→ **Problem to work on**: Repeat exactly the lines from the first line of the records through the line containing "apart_from_new : All", and nothing more.

→ **Data records**:
-- ===== src/ShareModes/Admit.antt =====
-- `acquireLocked`: the invariant, and which opens it admits.
use gosamba.Prelude.{
  ℕ, ◌≡◌, refl, ◌⊎◌, inl, inr, Bool, true, false, ◌==◌, ==_iff, ==_refl, arith, if◌then◌else◌, [],
  ◌∷◌, ◌++◌, none, some, filter, All, Apart-append, Bool-cases, Elem, Some, All-Elem, All-of_Elem,
  Elem-append_inv, any-append, All-of_any-false, Some-of_any, ◌∙◌, Option-cases,
}
use gosamba.Prelude.Assoc.{get?, put, get?-put, nat_key}
use gosamba.Locks.Range.{FileKey, file_key, file_key_eq, file_key_eq_iff}
use gosamba.ShareModes.{
  ShareModeEntry, ShareModeTable, new_share_mode_entry, share_conflict, entries_at, store, Stat,
  entry_live, sweep_owners, conflicts_with_any, swept, admit, acquire_locked,
}
use gosamba.ShareModes.Conflict.{share_conflict_comm}
use gosamba.ShareModes.Sweep.{get?-sweep_owners, same_owner, of_owner}
use gosamba.ShareModes.Invariant.{IsValid, entries_at-store, Change, Change-IsValid, swept-IsValid}

-- One entry is appended to a file of a well-formed table.
module _ (s s' : ShareModeTable) (key : FileKey) (e : ShareModeEntry) (v : IsValid s)
    (fresh : get? e.owner s.owners ≡ none) (clear : conflicts_with_any e (entries_at key s) ≡ false)
    (at : (j : FileKey)
      → entries_at j s'
        ≡ (if file_key_eq key j then entries_at key s ++ e ∷ [] else entries_at j s))
    (own : s'.owners ≡ put e.owner key s.owners) where
  owner_after : (o : ℕ) → get? o s'.owners ≡ (if e.owner == o then some key else get? o s.owners)
  owner_after o = rw own (get?-put e.owner o key s.owners)

  -- Every entry is another handle's.
  other_owner :
      (j : FileKey) (x : ShareModeEntry) → Elem x (entries_at j s) → (e.owner == x.owner) ≡ false
  other_owner j x i = ground (arith, v.registered j x i, fresh, ==_iff e.owner x.owner)

  apart_from_new : All (λ y. share_conflict e y ≡ false) (entries_at key s)
  apart_from_new =
      All-of_Elem (λ y. share_conflict e y ≡ false) (entries_at key s)
        λ y i.
          share_conflict_comm e y
          ∙ All-Elem (λ y. share_conflict y e ≡ false) y (entries_at key s)
              (All-of_any-false (λ y. share_conflict y e) (entries_at key s) clear) i

  registered_after :
      (x : ShareModeEntry) → Elem x (entries_at key s ++ e ∷ []) → get? x.owner s'.owners ≡ some key
  registered_after x i = elim (Elem-append_inv x (entries_at key s) (e ∷ []) i) [
    | inl old ↦ ground (arith, owner_after x.owner, v.registered key x old)
    | inr (inl new) ↦ ground (arith, owner_after x.owner)
    | inr (inr more) ↦ absurd more
  ]

  append-Change : Change s s' key (entries_at key s ++ e ∷ [])
  append-Change = record {
    at = at;
    compatible =
        Apart-append share_conflict share_conflict_comm e (entries_at key s) (v.compatible key)
          apart_from_new;
    single =
        Apart-append same_owner (λ a b. ground arith) e (entries_at key s) (v.single key)
          (All-of_Elem (λ y. same_owner e y ≡ false) (entries_at key s) (other_owner key));
    registered = registered_after;
    elsewhere =
        λ j x ne i. ground (arith, owner_after x.owner, other_owner j x i, v.registered j x i);
    present = λ o h. ground (
      arith,
      owner_after o,
      v.present key o,
      any-append (of_owner o) (entries_at key s) (e ∷ []),
    );
    owned = λ j o ne h. ground (arith, owner_after o, file_key_eq_iff key j);
  }

  pub append-IsValid : IsValid s'
  append-IsValid = Change-IsValid s s' key (entries_at key s ++ e ∷ []) v append-Change

swept_at :
    (stat : Stat) (t : ShareModeTable) (key : FileKey)
    → entries_at key (swept stat t key) ≡ filter (entry_live stat key) (entries_at key t)
unfolding swept
swept_at stat t key =
    entries_at-store t (swept stat t key) key (filter (entry_live stat key) (entries_at key t)) refl
      key
    ∙ ground (arith, file_key_eq_iff key key)

swept_elsewhere :
    (stat : Stat) (t : ShareModeTable) (key j : FileKey)
    → file_key_eq key j ≡ false
    → entries_at j (swept stat t key) ≡ entries_at j t
unfolding swept
swept_elsewhere stat t key j ne =
    entries_at-store t (swept stat t key) key (filter (entry_live stat key) (entries_at key t)) refl
      j
    ∙ ground arith

fresh_swept :
    (stat : Stat) (t : ShareModeTable) (key : FileKey) (o : ℕ)
    → get? o t.owners ≡ none
    → get? o (swept stat t key).owners ≡ none
unfolding swept
fresh_swept stat t key o fresh =
    ground (arith, get?-sweep_owners (entry_live stat key) (entries_at key t) t.owners o)

-- The table with the reservation recorded.
recorded : Stat → ShareModeTable → FileKey → ShareModeEntry → ShareModeTable
recorded stat t key e = record t {
  by_file = store key (filter (entry_live stat key) (entries_at key t) ++ e ∷ []) t.by_file;
  owners = put e.owner key (sweep_owners (entry_live stat key) (entries_at key t) t.owners);
}

own :
    (stat : Stat) (t : ShareModeTable) (key : FileKey) (e : ShareModeEntry)
    → (recorded stat t key e).owners ≡ put e.owner key (swept stat t key).owners
unfolding recorded swept
own stat t key e = refl

recorded_at :
    (stat : Stat) (t : ShareModeTable) (key : FileKey) (e : ShareModeEntry) (j : FileKey)
    → entries_at j (recorded stat t key e) ≡ (
        if file_key_eq key j
        then entries_at key (swept stat t key) ++ e ∷ []
        else entries_at j (swept stat t key))
unfolding recorded
recorded_at stat t key e j =
    let kept = filter (entry_live stat key) (entries_at key t) in
    ground (
      arith,
      swept_at stat t key,
      entries_at-store t (recorded stat t key e) key (kept ++ e ∷ []) refl j,
      swept_elsewhere stat t key j,
    )

recorded_here :
    (stat : Stat) (t : ShareModeTable) (key : FileKey) (e : ShareModeEntry)
    → entries_at key (recorded stat t key e)
      ≡ filter (entry_live stat key) (entries_at key t) ++ e ∷ []
recorded_here stat t key e =
    ground (arith, recorded_at stat t key e key, swept_at stat t key, file_key_eq_iff key key)

recorded-IsValid :
    (stat : Stat) (t : ShareModeTable) (key : FileKey) (e : ShareModeEntry)
    → IsValid t
    → get? e.owner t.owners ≡ none
    → conflicts_with_any e (filter (entry_live stat key) (entries_at key t)) ≡ false
    → IsValid (recorded stat t key e)
unfolding recorded
recorded-IsValid stat t key e v fresh clear =
    append-IsValid (swept stat t key) (recorded stat t key e) key e (swept-IsValid stat t key v)
      (fresh_swept stat t key e.owner fresh) (rw (swept_at stat t key) clear)
      (recorded_at stat t key e) (own stat t key e)

-- The two ends of `acquireLocked` for a handle without a reservation.
abbrev pub Admitted :
    Stat → ShareModeTable → FileKey → ShareModeEntry → ShareModeTable × Bool → Type 0
Admitted stat t key e (t', granted) =
    let live_entries = filter (entry_live stat key) (entries_at key t) in
    ((granted ≡ true)
      × All (λ x. share_conflict x e ≡ false) live_entries
      × (entries_at key t' ≡ live_entries ++ e ∷ [])
      × (get? e.owner t'.owners ≡ some key))
    ⊎ ((granted ≡ false)
        × Some (λ x. share_conflict x e ≡ true) live_entries
        × (entries_at key t' ≡ live_entries)
        × (get? e.owner t'.owners ≡ none))

admit-IsValid :
    (stat : Stat) (t : ShareModeTable) (key : FileKey) (e : ShareModeEntry)
    → IsValid t
    → get? e.owner t.owners ≡ none
    → IsValid (admit stat t key e).0
unfolding admit
admit-IsValid stat t key e v fresh =
    elim (Bool-cases (conflicts_with_any e (filter (entry_live stat key) (entries_at key t)))) [
      | inl found ↦ rw found (unfold swept in swept-IsValid stat t key v)
      | inr clear ↦ rw clear (unfold recorded in recorded-IsValid stat t key e v fresh clear)
    ]

pub acquire_locked-IsValid :
    (stat : Stat) (t : ShareModeTable) (key : FileKey) (o desired share : ℕ)
    → IsValid t
    → IsValid (acquire_locked stat t key o desired share).0
unfolding acquire_locked new_share_mode_entry
acquire_locked-IsValid stat t key o desired share v = elim (Option-cases (get? o t.owners)) [
  | inl fresh ↦ rw fresh (admit-IsValid stat t key (new_share_mode_entry o desired share) v fresh)
  | inr (k, e) ↦ rw e v
]

admit-Admitted :
    (stat : Stat) (t : ShareModeTable) (key : FileKey) (e : ShareModeEntry)
    → get? e.owner t.owners ≡ none
    → Admitted stat t key e (admit stat t key e)
unfolding admit
admit-Admitted stat t key e fresh =
    let live_entries = filter (entry_live stat key) (entries_at key t) in
    elim (Bool-cases (conflicts_with_any e (filter (entry_live stat key) (entries_at key t)))) [
      | inl found ↦ rw found (
          inr (
            refl,
            Some-of_any (λ x. share_conflict x e) (filter (entry_live stat key) (entries_at key t))
                found,
            unfold swept in swept_at stat t key,
            unfold swept in fresh_swept stat t key e.owner fresh,
          ))
      | inr clear ↦ rw clear (
          inl (
            refl,
            All-of_any-false (λ x. share_conflict x e)
                (filter (entry_live stat key) (entries_at key t)) clear,
            unfold recorded in recorded_here stat t key e,
            ground (
              arith,
              get?-put e.owner e.owner key
                  (sweep_owners (entry_live stat key) (entries_at key t) t.owners),
              ==_refl e.owner,
            ),
          ))
    ]

-- `acquireLocked` for a handle without a reservation: it is admitted exactly if it conflicts with no
-- live reservation of the file, and then its entry is recorded behind them; a refused open records
-- nothing. Either way the dead entries of the file are gone.
pub acquire_locked-Admitted :
    (stat : Stat) (t : ShareModeTable) (key : FileKey) (o desired share : ℕ)
    → get? o t.owners ≡ none
    → Admitted stat t key
        (new_share_mode_entry o desired share)
        (acquire_locked stat t key o desired share)
unfolding acquire_locked
acquire_locked-Admitted stat t key o desired share fresh = rw fresh (
    admit-Admitted stat t key (new_share_mode_entry o desired share)
      (unfold new_share_mode_entry in fresh))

→ **Answer to this exercise**:
-- ===== src/ShareModes/Admit.antt =====
-- `acquireLocked`: the invariant, and which opens it admits.
use gosamba.Prelude.{
  ℕ, ◌≡◌, refl, ◌⊎◌, inl, inr, Bool, true, false, ◌==◌, ==_iff, ==_refl, arith, if◌then◌else◌, [],
  ◌∷◌, ◌++◌, none, some, filter, All, Apart-append, Bool-cases, Elem, Some, All-Elem, All-of_Elem,
  Elem-append_inv, any-append, All-of_any-false, Some-of_any, ◌∙◌, Option-cases,
}
use gosamba.Prelude.Assoc.{get?, put, get?-put, nat_key}
use gosamba.Locks.Range.{FileKey, file_key, file_key_eq, file_key_eq_iff}
use gosamba.ShareModes.{
  ShareModeEntry, ShareModeTable, new_share_mode_entry, share_conflict, entries_at, store, Stat,
  entry_live, sweep_owners, conflicts_with_any, swept, admit, acquire_locked,
}
use gosamba.ShareModes.Conflict.{share_conflict_comm}
use gosamba.ShareModes.Sweep.{get?-sweep_owners, same_owner, of_owner}
use gosamba.ShareModes.Invariant.{IsValid, entries_at-store, Change, Change-IsValid, swept-IsValid}

-- One entry is appended to a file of a well-formed table.
module _ (s s' : ShareModeTable) (key : FileKey) (e : ShareModeEntry) (v : IsValid s)
    (fresh : get? e.owner s.owners ≡ none) (clear : conflicts_with_any e (entries_at key s) ≡ false)
    (at : (j : FileKey)
      → entries_at j s'
        ≡ (if file_key_eq key j then entries_at key s ++ e ∷ [] else entries_at j s))
    (own : s'.owners ≡ put e.owner key s.owners) where
  owner_after : (o : ℕ) → get? o s'.owners ≡ (if e.owner == o then some key else get? o s.owners)
  owner_after o = rw own (get?-put e.owner o key s.owners)

  -- Every entry is another handle's.
  other_owner :
      (j : FileKey) (x : ShareModeEntry) → Elem x (entries_at j s) → (e.owner == x.owner) ≡ false
  other_owner j x i = ground (arith, v.registered j x i, fresh, ==_iff e.owner x.owner)

  apart_from_new : All (λ y. share_conflict e y ≡ false) (entries_at key s)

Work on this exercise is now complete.